Segment Start: DATA FOR REVIEW

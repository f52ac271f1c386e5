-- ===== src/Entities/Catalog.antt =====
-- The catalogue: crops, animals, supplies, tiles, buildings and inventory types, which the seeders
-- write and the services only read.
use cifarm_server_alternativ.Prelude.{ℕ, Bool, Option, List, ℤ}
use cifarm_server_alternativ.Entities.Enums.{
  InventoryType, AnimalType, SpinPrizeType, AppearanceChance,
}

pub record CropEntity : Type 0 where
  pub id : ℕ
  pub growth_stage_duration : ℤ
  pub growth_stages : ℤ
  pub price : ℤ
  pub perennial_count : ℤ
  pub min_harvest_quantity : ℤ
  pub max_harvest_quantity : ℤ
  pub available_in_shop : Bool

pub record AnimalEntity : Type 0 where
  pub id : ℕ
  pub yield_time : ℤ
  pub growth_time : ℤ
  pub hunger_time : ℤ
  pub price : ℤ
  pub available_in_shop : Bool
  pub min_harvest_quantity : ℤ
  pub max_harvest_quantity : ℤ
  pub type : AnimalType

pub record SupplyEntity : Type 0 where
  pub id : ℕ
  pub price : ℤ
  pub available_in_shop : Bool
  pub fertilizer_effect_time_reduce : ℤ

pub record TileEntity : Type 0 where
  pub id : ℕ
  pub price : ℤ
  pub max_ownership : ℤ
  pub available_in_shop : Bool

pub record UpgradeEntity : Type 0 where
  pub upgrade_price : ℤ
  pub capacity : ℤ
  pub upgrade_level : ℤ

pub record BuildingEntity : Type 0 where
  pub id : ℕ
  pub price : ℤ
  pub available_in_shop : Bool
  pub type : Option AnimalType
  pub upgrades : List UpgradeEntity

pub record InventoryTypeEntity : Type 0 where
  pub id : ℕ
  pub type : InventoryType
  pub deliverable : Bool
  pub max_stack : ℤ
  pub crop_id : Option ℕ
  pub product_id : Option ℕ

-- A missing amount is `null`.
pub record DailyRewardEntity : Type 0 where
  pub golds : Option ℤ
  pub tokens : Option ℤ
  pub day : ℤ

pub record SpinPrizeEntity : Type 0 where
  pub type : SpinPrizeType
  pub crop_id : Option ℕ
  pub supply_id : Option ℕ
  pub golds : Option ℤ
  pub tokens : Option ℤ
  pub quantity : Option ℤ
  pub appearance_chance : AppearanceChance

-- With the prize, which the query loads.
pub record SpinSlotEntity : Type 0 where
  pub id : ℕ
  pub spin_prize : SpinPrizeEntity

Segment End: DATA FOR REVIEW

When the line with "pub growth_time : ℤ" is reached in the data above, start copying there, and copy each line exactly until the line with "pub fertilizer_effect_time_reduce : ℤ" has been copied; copy nothing else.

  pub growth_time : ℤ
  pub hunger_time : ℤ
  pub price : ℤ
  pub available_in_shop : Bool
  pub min_harvest_quantity : ℤ
  pub max_harvest_quantity : ℤ
  pub type : AnimalType

pub record SupplyEntity : Type 0 where
  pub id : ℕ
  pub price : ℤ
  pub available_in_shop : Bool
  pub fertilizer_effect_time_reduce : ℤ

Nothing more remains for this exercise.